Joint venture partners take FID on offshore Nigerian oilfield

offshore-nigeriaPanoro Energy has a 6.502 per cent interest in OML 113, which is operated by Yinka Folawiyo Petroleum and is located adjacent to Benin border. (Image source: Daktriper/Flickr)Panoro Energy, along with joint-venture partners, has taken a final investment decision (FID) to develop the Aje Cenomanian oil reservoir in Nigeria’s offshore OML113

The oilfield is additionally held by Yinka Folawiyo Petroleum, New Age, Afren, Energy Equity Resources and Jacka Resources.

The Aje field development plan (FDP) was submitted to the department of petroleum resources (DPR) earlier this year and approval to develop Aje as proposed in the FDP was granted in March 2014.

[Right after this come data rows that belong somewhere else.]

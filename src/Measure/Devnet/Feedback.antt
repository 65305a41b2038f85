-- ===== src/Measure/Devnet/Feedback.antt =====
-- The reputation program in scripts/measure-devnet-costs.ts: a feedback with its authorisation.
use solana.Prelude.{
  ℕ, zero, suc, ◌+◌, ◌/◌, ◌%◌, [], ◌∷◌, ◌++◌, some, Bytes, key_bytes, ascii, ltb, if◌then◌else◌,
}
use solana.Script.{
  Request, Ed25519, FeedbackAuth, ◌>>=◌, call, send, text, number, buffer, authorisation,
}
use solana.Measure.{Setup, address}
use solana.Measure.Devnet.Identity.{Agent, Step, measure}

-- The decimal digits of a number of at most twenty digits, as `${n}` writes them.
unfoldable pub digits : ℕ → ℕ → Bytes
digits zero n = []
digits (suc fuel) n =
    let rest = digits fuel (n / 10) in
    if ltb n 10 then (48 + n) ∷ [] else rest ++ (48 + n % 10) ∷ []

unfoldable pub decimal : ℕ → Bytes
unfolding digits
decimal n = digits 20 n

-- `Buffer.alloc(32)`
abbrev pub empty_hash : Bytes
empty_hash =
    0 ∷ 0 ∷ 0 ∷ 0 ∷ 0 ∷ 0 ∷ 0 ∷ 0 ∷ 0 ∷ 0 ∷ 0 ∷ 0 ∷ 0 ∷ 0 ∷ 0 ∷ 0 ∷ 0 ∷ 0 ∷ 0 ∷ 0 ∷ 0 ∷ 0 ∷ 0 ∷ 0
    ∷ 0 ∷ 0 ∷ 0 ∷ 0 ∷ 0 ∷ 0 ∷ 0 ∷ 0 ∷ []

module _ (s : Setup) (agent : Agent) where
  open s use {web3, network, programs}

  unfoldable pub auth_message : ℕ → Bytes
  auth_message expiry =
      ascii "feedback_auth:"
      ++ (decimal agent.agent_id
          ++ (ascii ":"
              ++ (s.to_base58 s.client
                  ++ (ascii ":5:"
                      ++ (decimal expiry
                          ++ (ascii ":solana-devnet:" ++ s.to_base58 programs.identity))))))

  unfoldable pub feedback_auth : ℕ → FeedbackAuth
  feedback_auth expiry = record {
    agent_id = agent.agent_id;
    client_address = s.client;
    index_limit = 5;
    expiry = expiry;
    chain_id = ascii "solana-devnet";
    identity_registry = programs.identity;
    signer_address = s.agent_owner;
    signature = s.sign_detached (auth_message expiry) s.agent_owner;
  }

  unfoldable pub ed25519_instruction : ℕ → Ed25519
  ed25519_instruction expiry = record {
    public_key = s.agent_owner;
    message = auth_message expiry;
    signature = (feedback_auth expiry).signature;
  }

  abbrev id_bytes : Bytes
  id_bytes = s.to_array agent.agent_id 8

  unfoldable pub feedback_request : ℕ → Request
  feedback_request expiry = record {
    program = programs.reputation;
    method = ascii "giveFeedback";
    arguments =
        number agent.agent_id
        ∷ number 85
        ∷ buffer empty_hash
        ∷ buffer empty_hash
        ∷ text (ascii "ipfs://feedback")
        ∷ buffer empty_hash
        ∷ number 0
        ∷ authorisation (feedback_auth expiry)
        ∷ [];
    accounts =
        (ascii "client", s.client)
        ∷ (ascii "payer", s.client)
        ∷ (ascii "agentMint", agent.agent_mint)
        ∷ (ascii "agentAccount", agent.agent_pda)
        ∷ (
          ascii "clientIndex",
          address s (ascii "client_index" ∷ id_bytes ∷ key_bytes s.client ∷ []) programs.reputation,
        )
        ∷ (
          ascii "feedbackAccount",
          address s (ascii "feedback" ∷ id_bytes ∷ key_bytes s.client ∷ s.to_array 0 8 ∷ [])
              programs.reputation,
        )
        ∷ (
          ascii "agentReputation",
          address s (ascii "agent_reputation" ∷ id_bytes ∷ []) programs.reputation,
        )
        ∷ (ascii "identityRegistryProgram", programs.identity)
        ∷ (ascii "instructionSysvar", programs.sysvar_instructions)
        ∷ (ascii "systemProgram", programs.system_program)
        ∷ [];
    pre_instructions = ed25519_instruction expiry ∷ [];
    signers = s.client ∷ [];
  }

  -- The authorisation expires an hour after the time at which the step starts.
  unfoldable pub give_feedback : Step s (Unit {0})
  give_feedback = do
    now ← call (λ net. (some (s.date_now net), net))
    tx_sig ← send network.rpc (feedback_request (now / 1000 + 3600))
    measure s (ascii "Give Feedback (with FeedbackAuth)") tx_sig 7 (some 300)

First oil from Aje is scheduled for the end of Q4 2015 at an initial gross production rate of around 10,000 bpd, according to a company press release.

The FDP is primarily focused on the development of the Cenomanian oil reservoir and Phase 1 of the Cenomanian development includes two subsea production wells tied back to a leased floating, production, storage and offloading vessel (FPSO) by Rubicon.

As part of Phase 1, the Aje-4 well will be re-entered and completed and a new well Aje-5 will be drilled. The Aje-5 well will be drilled from a seabed location adjacent to Aje-4 and both wells will be connected via a subsea manifold and production flowlines to the FPSO, the company said.

The Aje-5 well trajectory is reportedly designed to intersect the Cenomanian reservoir close to where the Aje-2 well intersected the Cenomanian reservoir. This subsurface target has been selected since Aje-2 demonstrated excellent productivity in a Cenomanian production test conducted in 1997 where it flowed at 3,766 bpd of 41˚API oil, the company said.

Phase 1 has an estimated funding requirement of US$220mn on a 100 per cent field basis to reach first. Panoro Energy’s share of Phase 1 costs are expected to be funded through the company's available cash resources. The company also has the financial flexibility to source an optimum level of debt for project development.

An independent review by AGR Tracs assessed there to be additional contingent resources within the Cenomanian reservoir that may be accessed through Phase 2 of the development comprising two further development wells in the Cenomanian oil reservoir.

The joint-venture partners will move onwards with Phase 2 once Phase 1 is on production, which means that Phase 2 capital expenditure may be funded from Phase 1 production cash flow.

Furthermore the separate Turonian gas reservoir, which is rich in condensate and LPG and also has a thin oil rim, has been assessed by AGR Tracs to contain significant additional contingent resources. The joint-venture partners are expected to take a decision to proceed with a development of the Turonian reservoir at a later date.

In Q1 2014 the OML113 partners had acquired approximately 1,000 sq km of new 3D seismic data over the license. In conjunction with the ongoing development work, exploration activities on OML 113 continue with the processing of the acquired 3D data. The final pre-stack depth migration is scheduled for completion by end of Q1 2015.